▶ [Problem details] Print all the records exactly, please.

▶ [Dataset entries]
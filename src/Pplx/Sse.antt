-- ===== src/Pplx/Sse.antt =====
-- internal/pplx/sse.go: frames of the ask stream, folded into the state of a conversation. The
-- calls of `onChunk` are kept in `emitted`, in order; `on_chunk` says whether it is set.
pub mod Answer
pub mod Frames
pub mod Stream
use perplexity_proxy_go.Prelude.{
  ℤ, pos, ℕ, suc, ◌+◌, Bool, true, false, not, ◌&&◌, ◌||◌, List, [], ◌∷◌, ◌++◌, Option, none, some,
  String, Bytes, bytes, ◌==◌, eqb, join, contains, if◌then◌else◌,
}
use perplexity_proxy_go.Errors.{Failure, sentinel, clarifying, rate_limited, stop_scanning}
use perplexity_proxy_go.Json.{
  Value, null, bool, num, str, arr, obj, Fields, elems, members, Codec, at, as_str, as_true, as_arr,
  as_obj, str_or_empty, as_map,
}
use perplexity_proxy_go.Transport.Space.{trim_space}
use perplexity_proxy_go.Pplx.Frame.{sse_data, strings_of, extract_clarifying_questions}

pub record Citation : Type 0 where
  pub index : ℤ
  pub title : String
  pub url : String

pub record State : Type 0 where
  pub authwalled : Bool
  pub backend_uuid : String
  pub read_write_token : String
  pub title : String
  pub answer : String
  pub chunks : List String
  pub citations : List Citation
  pub on_chunk : Bool
  pub emitted : List String

-- `&convState{onChunk: onChunk}`
abbrev pub start : Bool → State
start on_chunk = record {
  authwalled = false;
  backend_uuid = "";
  read_write_token = "";
  title = "";
  answer = "";
  chunks = [];
  citations = [];
  on_chunk = on_chunk;
  emitted = [];
}

-- the loop over `web_results`, from index `i`
unfoldable pub cite : ℕ → List Value → List Citation
cite i [] = []
cite i (obj r ∷ vs) =
    record {
      index = pos (i + 1);
      title = str_or_empty (at "name" r);
      url = str_or_empty (at "url" r);
    }
    ∷ cite (suc i) vs
cite i (_ ∷ vs) = cite (suc i) vs

abbrev set_citations : List Citation → State → State
set_citations [] s = s
set_citations (c ∷ cs) s = record s { citations = c ∷ cs }

abbrev with_citations : Option (List Value) → State → State
with_citations none s = s
with_citations (some results) s = set_citations (cite 0 results) s

abbrev with_answer : Option String → State → State
with_answer none s = s
with_answer (some answer) s = record s { answer = answer }

abbrev has_answer : Option String → Bool
has_answer none = false
has_answer (some _) = true

abbrev pub is_nil : List String → Bool
is_nil [] = true
is_nil (c ∷ cs) = false

-- the chunks of a frame; a frame with no answer makes the running chunks the answer
abbrev with_chunks : Bool → Option (List Value) → State → State
with_chunks answered none s = s
with_chunks answered (some vs) s =
    let all = s.chunks ++ strings_of vs in
    record s {
      chunks = all;
      answer = if not answered && not (is_nil all) then join "" all else s.answer;
    }

abbrev with_title : Option String → State → State
with_title none s = s
with_title (some t) s = if t == "" then s else record s { title = t }

-- `absorbAnswerData`
unfoldable pub absorb_answer_data : Fields → State → State
unfolding cite strings_of
absorb_answer_data d s = with_title (as_str (at "thread_title" d)) (
    with_chunks (has_answer (as_str (at "answer" d))) (as_arr (at "chunks" d))
      (with_answer (as_str (at "answer" d)) (with_citations (as_arr (at "web_results" d)) s)))

abbrev emit : Option (List Value) → State → State
emit none s = s
emit (some vs) s = record s { emitted = s.emitted ++ strings_of vs }

-- `emitChunkDeltas`
unfoldable pub emit_chunk_deltas : Fields → State → State
unfolding strings_of
emit_chunk_deltas md s =
    if not s.on_chunk
    then s
    else if str_or_empty (at "progress" md) == "IN_PROGRESS"
    then emit (as_arr (at "chunks" md)) s
    else s

abbrev absorb_markdown : Option Fields → State → State
absorb_markdown none s = s
absorb_markdown (some md) s = absorb_answer_data md (emit_chunk_deltas md s)

abbrev absorb_results : Option Fields → State → State
absorb_results none s = s
absorb_results (some wr) s = with_citations (as_arr (at "web_results" wr)) s

abbrev absorb_block : Option Fields → State → State
absorb_block none s = s
absorb_block (some block) s =
    if str_or_empty (at "intended_usage" block) == "ask_text"
    then absorb_markdown (as_obj (at "markdown_block" block)) s
    else if str_or_empty (at "intended_usage" block) == "web_results"
    then absorb_results (as_obj (at "web_result_block" block)) s
    else s

-- `absorbBlocks`
unfoldable pub absorb_blocks : List Value → State → State
absorb_blocks [] s = s
absorb_blocks (b ∷ bs) s = absorb_blocks bs (absorb_block (as_obj (some b)) s)

abbrev absorb_content : Option Fields → State → State
absorb_content none s = s
absorb_content (some content) s = absorb_answer_data content s

-- the loop over steps of `absorbText`; `break` leaves the loop at the first FINAL step
unfoldable pub absorb_steps : List Value → State → State × Option Failure
absorb_steps [] s = (s, none)
absorb_steps (obj step ∷ vs) s =
    let later = absorb_steps vs s in
    if str_or_empty (at "step_type" step) == "RESEARCH_CLARIFYING_QUESTIONS"
    then (s, some (clarifying (extract_clarifying_questions (at "content" step))))
    else if str_or_empty (at "step_type" step) == "FINAL"
    then (absorb_content (as_obj (at "content" step)) s, none)
    else later
absorb_steps (_ ∷ vs) s = absorb_steps vs s

abbrev absorb_parsed : Option Value → State → State × Option Failure
absorb_parsed (some (arr vs)) s = absorb_steps (elems vs) s
absorb_parsed (some (obj d)) s = (absorb_answer_data d s, none)
absorb_parsed _ s = (s, none)

-- `absorbText`
unfoldable pub absorb_text : Codec → String → State → State × Option Failure
absorb_text codec text s = absorb_parsed (codec.parse (bytes text)) s

-- `if v, ok := d[key].(string); ok && v != ""`
abbrev pub keep : Option String → String → String
keep none old = old
keep (some v) old = if v == "" then old else v

abbrev is_upsell : String → Bool
is_upsell name = name == "fraud_authwall_upsell" || name == "logged_out_thread_sign_in"

abbrev walled : Option Fields → Bool
walled none = false
walled (some ui) = is_upsell (str_or_empty (at "name" ui))

-- the part of `processData` that notes the thread's identity
unfoldable pub identify : Fields → State → State
identify d s = record s {
  authwalled = s.authwalled || walled (as_obj (at "upsell_information" d));
  backend_uuid = keep (as_str (at "backend_uuid" d)) s.backend_uuid;
  read_write_token = keep (as_str (at "read_write_token" d)) s.read_write_token;
  title = keep (as_str (at "thread_title" d)) s.title;
}

abbrev absorb_either : Codec → Option String → Option (List Value) → State → State × Option Failure
absorb_either codec (some text) blocks s = absorb_text codec text s
absorb_either codec none (some bs) s = (absorb_blocks bs s, none)
absorb_either codec none none s = (s, none)

-- `processData`
unfoldable pub process_data : Codec → Fields → State → State × Option Failure
process_data codec d s =
    if str_or_empty (at "error_code" d) == "FREE_TIER_RATE_LIMITED"
    then (s, some (sentinel rate_limited))
    else if as_true (at "final_sse_message" d)
    then (identify d s, some (sentinel stop_scanning))
    else absorb_either codec (as_str (at "text" d)) (as_arr (at "blocks" d)) (identify d s)

abbrev pub process_frame : Codec → Option Fields → State → State × Option Failure
process_frame codec none s = (s, none)
process_frame codec (some d) s = process_data codec d s

-- the callback that `askDirect` and `AskStream` hand to `PostSSE`
unfoldable pub on_line : Codec → State → Bytes → State × Option Failure
on_line codec s line = process_frame codec (sse_data codec line) s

▶ [Exercise result]
filename src/Pplx/Sse.antt
-- ===== src/Pplx/Sse.antt =====
-- internal/pplx/sse.go: frames of the ask stream, folded into the state of a conversation. The
-- calls of `onChunk` are kept in `emitted`, in order; `on_chunk` says whether it is set.
pub mod Answer
pub mod Frames
pub mod Stream
use perplexity_proxy_go.Prelude.{
  ℤ, pos, ℕ, suc, ◌+◌, Bool, true, false, not, ◌&&◌, ◌||◌, List, [], ◌∷◌, ◌++◌, Option, none, some,
  String, Bytes, bytes, ◌==◌, eqb, join, contains, if◌then◌else◌,
}
use perplexity_proxy_go.Errors.{Failure, sentinel, clarifying, rate_limited, stop_scanning}
use perplexity_proxy_go.Json.{
  Value, null, bool, num, str, arr, obj, Fields, elems, members, Codec, at, as_str, as_true, as_arr,
  as_obj, str_or_empty, as_map,
}
use perplexity_proxy_go.Transport.Space.{trim_space}
use perplexity_proxy_go.Pplx.Frame.{sse_data, strings_of, extract_clarifying_questions}

pub record Citation : Type 0 where
  pub index : ℤ
  pub title : String
  pub url : String

pub record State : Type 0 where
  pub authwalled : Bool
  pub backend_uuid : String
  pub read_write_token : String
  pub title : String
  pub answer : String
  pub chunks : List String
  pub citations : List Citation
  pub on_chunk : Bool
  pub emitted : List String

-- `&convState{onChunk: onChunk}`
abbrev pub start : Bool → State
start on_chunk = record {
  authwalled = false;
  backend_uuid = "";
  read_write_token = "";
  title = "";
  answer = "";
  chunks = [];
  citations = [];
  on_chunk = on_chunk;
  emitted = [];
}

-- the loop over `web_results`, from index `i`
unfoldable pub cite : ℕ → List Value → List Citation
cite i [] = []
cite i (obj r ∷ vs) =
    record {
      index = pos (i + 1);
      title = str_or_empty (at "name" r);
      url = str_or_empty (at "url" r);
    }
    ∷ cite (suc i) vs
cite i (_ ∷ vs) = cite (suc i) vs

abbrev set_citations : List Citation → State → State
set_citations [] s = s
set_citations (c ∷ cs) s = record s { citations = c ∷ cs }

abbrev with_citations : Option (List Value) → State → State
with_citations none s = s
with_citations (some results) s = set_citations (cite 0 results) s

abbrev with_answer : Option String → State → State
with_answer none s = s
with_answer (some answer) s = record s { answer = answer }

abbrev has_answer : Option String → Bool
has_answer none = false
has_answer (some _) = true

abbrev pub is_nil : List String → Bool
is_nil [] = true
is_nil (c ∷ cs) = false

-- the chunks of a frame; a frame with no answer makes the running chunks the answer
abbrev with_chunks : Bool → Option (List Value) → State → State
with_chunks answered none s = s
with_chunks answered (some vs) s =
    let all = s.chunks ++ strings_of vs in
    record s {
      chunks = all;
      answer = if not answered && not (is_nil all) then join "" all else s.answer;
    }

abbrev with_title : Option String → State → State
with_title none s = s
with_title (some t) s = if t == "" then s else record s { title = t }

-- `absorbAnswerData`
unfoldable pub absorb_answer_data : Fields → State → State
unfolding cite strings_of
absorb_answer_data d s = with_title (as_str (at "thread_title" d)) (
    with_chunks (has_answer (as_str (at "answer" d))) (as_arr (at "chunks" d))
      (with_answer (as_str (at "answer" d)) (with_citations (as_arr (at "web_results" d)) s)))

abbrev emit : Option (List Value) → State → State
emit none s = s
emit (some vs) s = record s { emitted = s.emitted ++ strings_of vs }

-- `emitChunkDeltas`
unfoldable pub emit_chunk_deltas : Fields → State → State
unfolding strings_of
emit_chunk_deltas md s =
    if not s.on_chunk
    then s
    else if str_or_empty (at "progress" md) == "IN_PROGRESS"
    then emit (as_arr (at "chunks" md)) s
    else s

abbrev absorb_markdown : Option Fields → State → State
absorb_markdown none s = s
absorb_markdown (some md) s = absorb_answer_data md (emit_chunk_deltas md s)

abbrev absorb_results : Option Fields → State → State
absorb_results none s = s
absorb_results (some wr) s = with_citations (as_arr (at "web_results" wr)) s

abbrev absorb_block : Option Fields → State → State
absorb_block none s = s
absorb_block (some block) s =
    if str_or_empty (at "intended_usage" block) == "ask_text"
    then absorb_markdown (as_obj (at "markdown_block" block)) s
    else if str_or_empty (at "intended_usage" block) == "web_results"
    then absorb_results (as_obj (at "web_result_block" block)) s
    else s

-- `absorbBlocks`
unfoldable pub absorb_blocks : List Value → State → State
absorb_blocks [] s = s
absorb_blocks (b ∷ bs) s = absorb_blocks bs (absorb_block (as_obj (some b)) s)

abbrev absorb_content : Option Fields → State → State
absorb_content none s = s
absorb_content (some content) s = absorb_answer_data content s

-- the loop over steps of `absorbText`; `break` leaves the loop at the first FINAL step
unfoldable pub absorb_steps : List Value → State → State × Option Failure
absorb_steps [] s = (s, none)
absorb_steps (obj step ∷ vs) s =
    let later = absorb_steps vs s in
    if str_or_empty (at "step_type" step) == "RESEARCH_CLARIFYING_QUESTIONS"
    then (s, some (clarifying (extract_clarifying_questions (at "content" step))))
    else if str_or_empty (at "step_type" step) == "FINAL"
    then (absorb_content (as_obj (at "content" step)) s, none)
    else later
absorb_steps (_ ∷ vs) s = absorb_steps vs s

abbrev absorb_parsed : Option Value → State → State × Option Failure
absorb_parsed (some (arr vs)) s = absorb_steps (elems vs) s
absorb_parsed (some (obj d)) s = (absorb_answer_data d s, none)
absorb_parsed _ s = (s, none)

-- `absorbText`
unfoldable pub absorb_text : Codec → String → State → State × Option Failure
absorb_text codec text s = absorb_parsed (codec.parse (bytes text)) s

-- `if v, ok := d[key].(string); ok && v != ""`
abbrev pub keep : Option String → String → String
keep none old = old
keep (some v) old = if v == "" then old else v

abbrev is_upsell : String → Bool
is_upsell name = name == "fraud_authwall_upsell" || name == "logged_out_thread_sign_in"

abbrev walled : Option Fields → Bool
walled none = false
walled (some ui) = is_upsell (str_or_empty (at "name" ui))

-- the part of `processData` that notes the thread's identity
unfoldable pub identify : Fields → State → State
identify d s = record s {
  authwalled = s.authwalled || walled (as_obj (at "upsell_information" d));
  backend_uuid = keep (as_str (at "backend_uuid" d)) s.backend_uuid;
  read_write_token = keep (as_str (at "read_write_token" d)) s.read_write_token;
  title = keep (as_str (at "thread_title" d)) s.title;
}

abbrev absorb_either : Codec → Option String → Option (List Value) → State → State × Option Failure
absorb_either codec (some text) blocks s = absorb_text codec text s
absorb_either codec none (some bs) s = (absorb_blocks bs s, none)
absorb_either codec none none s = (s, none)

-- `processData`
unfoldable pub process_data : Codec → Fields → State → State × Option Failure
process_data codec d s =
    if str_or_empty (at "error_code" d) == "FREE_TIER_RATE_LIMITED"
    then (s, some (sentinel rate_limited))
    else if as_true (at "final_sse_message" d)
    then (identify d s, some (sentinel stop_scanning))
    else absorb_either codec (as_str (at "text" d)) (as_arr (at "blocks" d)) (identify d s)

abbrev pub process_frame : Codec → Option Fields → State → State × Option Failure
process_frame codec none s = (s, none)
process_frame codec (some d) s = process_data codec d s

-- the callback that `askDirect` and `AskStream` hand to `PostSSE`
unfoldable pub on_line : Codec → State → Bytes → State × Option Failure
on_line codec s line = process_frame codec (sse_data codec line) s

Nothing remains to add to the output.